İngiliz gazetelerinde, Kuzey İrlanda bölgesi yönetimi içinde süregiden bunalım konusu ağılıklı olarak ele alındı. Kuzey İrlanda'daki Birlik yanlılarının, İngiltere hükümetine verdikleri ültimatom, Daiyl Telegraph gazetesine, "Ya Sinn Fein'i atarsınız.. Ya da biz yokuz.." başlığıyla yansıyor. Haberde, Kuzey İrlanda'daki yönetim içinde patlak veren casusluk bunalımı ardından, Birlik yanlılarının, Başbakan Tony Blair'e, Cumhuriyetçi Sinn Fein partisini bölge yönetiminden ihraç etmesi için bir hafta süre tanıdıkları kaydediliyor.

Aynı haberi Independent, "Trimble'ın Sinn Fein ültimatomu, Kuzey İrlanda'yı uca getirdi" başlığıyla veriyor. Times gazetesiyse, "Kuzey İrlanda mühleti" başlıklı haberinde, Kuzey İrlanda Birlik Partisi lideri David Trimble'ın verdiği, nefes aldırmayacak kadar dar mühlet üzerine, Başbakan Blair'in Kuzey İrlanda barış sürecini kurtarma mücadelesi verdiğini yazıyor.

Financial Times, "Birlikçilerin talebi ardından Kuzey İrlanda bunalımı derinleşiyor" diyor.
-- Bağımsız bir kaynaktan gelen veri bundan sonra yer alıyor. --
-- ===== src/Network/Client/Receiving.antt =====
-- sysmodule/source/network/client.cpp: `handle_packet`, `process_packets`,
-- `process_handshake_response` and `handle_handshaking_state`.
use ryu_ldn_nx.Prelude.{
  ℕ, zero, suc, Bool, true, false, Option, none, some, List, [], ◌∷◌, ◌++◌, ltb, ◌==◌,
  if◌then◌else◌, length, get_or, take, drop,
}
use ryu_ldn_nx.Prelude.Bytes.{read_u32}
use ryu_ldn_nx.Protocol.Header as Header
use ryu_ldn_nx.Protocol.Header.{code}
use ryu_ldn_nx.Network.ConnectionState.{ConnectionEvent}
use ryu_ldn_nx.Network.TcpInterface.{ClientResult, Message, Received, ITcpClient}
use ryu_ldn_nx.Network.Client.{
  Client, error_none, version_mismatch, invalid_session_id, handshake_timeout, connection_rejected,
  internal_error_code, recv_buffer_size, is_sent, is_lost, is_lost_or_down, process_event, notify,
  notify_change, fail, fail_change, is_handshake_timeout, generate_session_id,
}

abbrev pub is_timeout : ClientResult → Bool
is_timeout ClientResult.timeout = true
is_timeout _ = false

module _ {T : Type 0} where
  unfoldable pub deliver : Client T → ℕ → List ℕ → Client T
  deliver c id payload =
      if c.packet_callback then record c { packets = c.packets ++ ((id, payload) ∷ []) } else c

  -- "Store assigned session ID and MAC address", where the message is long enough.
  unfoldable pub adopt : Client T → List ℕ → Client T
  adopt c payload =
      if ltb (length payload) 22
      then c
      else record c { session_id = take 16 payload; mac_address = take 6 (drop 16 payload) }

  -- `HandshakeSuccess`, with the error cleared and the callback.
  unfoldable pub succeed : Client T → Client T
  unfolding process_event notify
  succeed c =
      notify
        (process_event (record c { last_error_code = error_none })
          ConnectionEvent.handshake_success)
        c.machine.state

module _ {T : Type 0} (I : ITcpClient T) where
  unfoldable pub handle_packet : Client T → ℕ → List ℕ → Client T
  unfolding process_event deliver
  handle_packet c id payload =
      if id == code Header.PacketId.ping
      then if ltb (length payload) 2
        then c
        else if get_or payload 0 0 == 0
        then record c { tcp = (I.send c.tcp (Message.ping 0 (get_or payload 1 0))).1 }
        else record c { pending_ping_count = 0; last_pong_time_ms = c.last_ping_time_ms }
      else if id == code Header.PacketId.disconnect
      then process_event c ConnectionEvent.disconnect
      else deliver c id payload

  -- The loop of `process_packets`, on fuel.
  unfoldable pub receive_packets : ℕ → Client T → Option (Client T)
  unfolding handle_packet fail_change
  receive_packets zero c = none
  receive_packets (suc fuel) c =
      let (received, tcp) = I.receive_packet c.tcp recv_buffer_size c.config.recv_timeout_ms in
      let c' = record c { tcp = tcp } in
      let rest = receive_packets fuel (handle_packet c' received.id received.payload) in
      if is_timeout received.result
      then some c'
      else if is_lost_or_down received.result
      then some (fail_change c' ConnectionEvent.connection_lost)
      else if is_sent received.result
      then rest
      else some c'

  unfoldable pub process_packets : ℕ → Client T → Option (Client T)
  unfolding receive_packets
  process_packets fuel c = if I.is_connected c.tcp then receive_packets fuel c else some c

module _ {T : Type 0} (rand : ℕ → ℕ) where
  -- `PacketId::NetworkError`, once the error is read.
  unfoldable pub refuse : Client T → ℕ → Client T
  unfolding process_event notify fail generate_session_id
  refuse c error_code =
      let c' = record c { last_error_code = error_code } in
      if error_code == version_mismatch
      then notify (process_event c' ConnectionEvent.fatal_error) c.machine.state
      else fail (if error_code == invalid_session_id then generate_session_id rand c' else c')
          ConnectionEvent.handshake_failed

  -- Whether the handshake is over, and the client.
  unfoldable pub process_handshake_response : Client T → ℕ → List ℕ → Bool × Client T
  unfolding adopt succeed refuse fail deliver
  process_handshake_response c id payload =
      if id == code Header.PacketId.initialize
      then (true, succeed (adopt c payload))
      else if id == code Header.PacketId.network_error
      then (
        true,
        refuse c (if ltb (length payload) 4 then internal_error_code else read_u32 payload 0),
      )
      else if id == code Header.PacketId.sync_network
      then (true, succeed c)
      else if id == code Header.PacketId.disconnect
      then (
        true,
        fail (record c { last_error_code = connection_rejected }) ConnectionEvent.handshake_failed,
      )
      else (false, deliver c id payload)

  -- What follows `receive_packet` in `handle_handshaking_state`.
  unfoldable pub handshake_received : Client T → Received → Client T
  unfolding process_handshake_response notify_change fail
  handshake_received c received =
      let (over, c') = process_handshake_response c received.id received.payload in
      if is_sent received.result
      then if over then notify_change c' c.machine.state else c'
      else if is_lost received.result
      then fail c ConnectionEvent.connection_lost
      else c

module _ {T : Type 0} (I : ITcpClient T) (rand : ℕ → ℕ) where
  unfoldable pub handle_handshaking_state : Client T → ℕ → Client T
  unfolding is_handshake_timeout fail_change handshake_received
  handle_handshaking_state c now =
      let (received, tcp) = I.receive_packet c.tcp recv_buffer_size c.config.recv_timeout_ms in
      if is_handshake_timeout c now
      then fail_change (record c { last_error_code = handshake_timeout })
          ConnectionEvent.handshake_failed
      else handshake_received rand (record c { tcp = tcp }) received
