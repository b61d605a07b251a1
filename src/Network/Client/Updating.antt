-- ===== src/Network/Client/Updating.antt =====
-- sysmodule/source/network/client.cpp: `update` and `handle_ready_state`.
use ryu_ldn_nx.Prelude.{
  ℕ, ◌+◌, ◌%◌, ◌^◌, Bool, true, ◌&&◌, Option, some, [], ◌∷◌, ◌++◌, ltb, leb, if◌then◌else◌,
}
use ryu_ldn_nx.Network.ConnectionState.{
  ConnectionState, disconnected, connecting, connected, handshaking, ready, backoff, retrying,
  disconnecting, error, ConnectionEvent,
}
use ryu_ldn_nx.Network.TcpInterface.{ITcpClient}
use ryu_ldn_nx.Network.Client.{
  Client, ◌>>=◌, elapsed, is_op_success, process_event, notify, notify_change, fail, fail_change,
  is_backoff_expired,
}
use ryu_ldn_nx.Network.Client.Connecting.{try_connect, send_initialize}
use ryu_ldn_nx.Network.Client.Receiving.{process_packets, handle_handshaking_state}
use ryu_ldn_nx.Network.Client.Sending.{send_ping}

module _ {T : Type 0} where
  -- Whether a ping has waited too long for its answer, and whether the next one is due.
  unfoldable pub is_overdue : Client T → ℕ → Bool
  is_overdue c waited =
      ltb 0 c.pending_ping_count && (ltb 0 c.ping_timeout_ms && leb c.ping_timeout_ms waited)

  unfoldable pub is_due : Client T → ℕ → Bool
  is_due c waited = ltb 0 c.config.ping_interval_ms && leb c.config.ping_interval_ms waited

module _ {T : Type 0} (I : ITcpClient T) where
  -- `case Connected`.
  unfoldable pub start_handshake : Client T → ℕ → Client T
  unfolding send_initialize process_event fail_change
  start_handshake c now =
      let (result, c') = send_initialize I c in
      if is_op_success result
      then (let started =
            process_event (record c' { handshake_sent = true; handshake_start_time_ms = now })
              ConnectionEvent.handshake_started in
          if started.state_callback
          then record started { changes = started.changes ++ ((connected, handshaking) ∷ []) }
          else started)
      else fail_change c' ConnectionEvent.handshake_failed

  -- The ping that is due: its time and the count of pings that wait change when it has gone out.
  unfoldable pub ping : Client T → ℕ → Client T
  unfolding send_ping
  ping c now =
      let (result, c') = send_ping I c in
      if is_op_success result
      then record c' {
        last_ping_time_ms = now;
        pending_ping_count = (c'.pending_ping_count + 1) % 2 ^ 32;
      }
      else c'

  -- `handle_ready_state` once the packets are processed: the ping's timeout, and the next ping.
  unfoldable pub keep_alive : Client T → ℕ → Client T
  unfolding is_overdue is_due fail ping
  keep_alive c now =
      if is_overdue c (elapsed now c.last_ping_time_ms)
      then fail c ConnectionEvent.connection_lost
      else if is_due c (elapsed now c.last_ping_time_ms)
      then ping c now
      else c

  unfoldable pub handle_ready_state : ℕ → Client T → ℕ → Option (Client T)
  unfolding process_packets keep_alive
  handle_ready_state fuel c now = do c' ← process_packets I fuel c; some (keep_alive c' now)

  -- `case Backoff` once the delay is over.
  unfoldable pub retry : Client T → Option (Client T)
  unfolding process_event try_connect notify_change
  retry c =
      let c' = process_event c ConnectionEvent.backoff_expired in
      do c'' ← try_connect I c'; some (notify_change c'' c'.machine.state)

  unfoldable pub wait_backoff : Client T → ℕ → Option (Client T)
  unfolding is_backoff_expired retry
  wait_backoff c now =
      let (expired, c') = is_backoff_expired c now in if expired then retry c' else some c'

module _ {T : Type 0} (I : ITcpClient T) (rand : ℕ → ℕ) where
  -- The `switch` of `update`.
  unfoldable pub update_in : ConnectionState → ℕ → Client T → ℕ → Option (Client T)
  unfolding start_handshake handle_handshaking_state handle_ready_state wait_backoff process_event
      notify
  update_in disconnected fuel c now = some c
  update_in connecting fuel c now = some c
  update_in retrying fuel c now = some c
  update_in connected fuel c now = some (if c.handshake_sent then c else start_handshake I c now)
  update_in handshaking fuel c now = some (handle_handshaking_state I rand c now)
  update_in ready fuel c now = handle_ready_state I fuel c now
  update_in backoff fuel c now = wait_backoff I c now
  update_in disconnecting fuel c now =
      some (notify (process_event c ConnectionEvent.connection_lost) disconnecting)
  update_in error fuel c now = some c

  -- `fuel` is for the loop that receives packets.
  unfoldable pub update : ℕ → Client T → ℕ → Option (Client T)
  unfolding update_in
  update fuel c now = update_in c.machine.state fuel (record c { last_update_time_ms = now }) now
Guardian ise, "Blair, İRA'ya meydan okuyor" başlıklı haberinde, Londra'nın, gelecek 48 saat içinde, silah konusunda büyük ödünler vermesi, aksi halde, 10 yıldır sürdürülen barış sürecinde, Kuzey İrlanda'nın demokratik kurumlarının üçüncü kez ve gayet tehlikeli biçimde çökeceğini anlaması gerektiği konusunda, İrlanda Cumhuriyetçi Ordusu İRA'ya yoğun bir baskı uygulayacağını kaydediyor.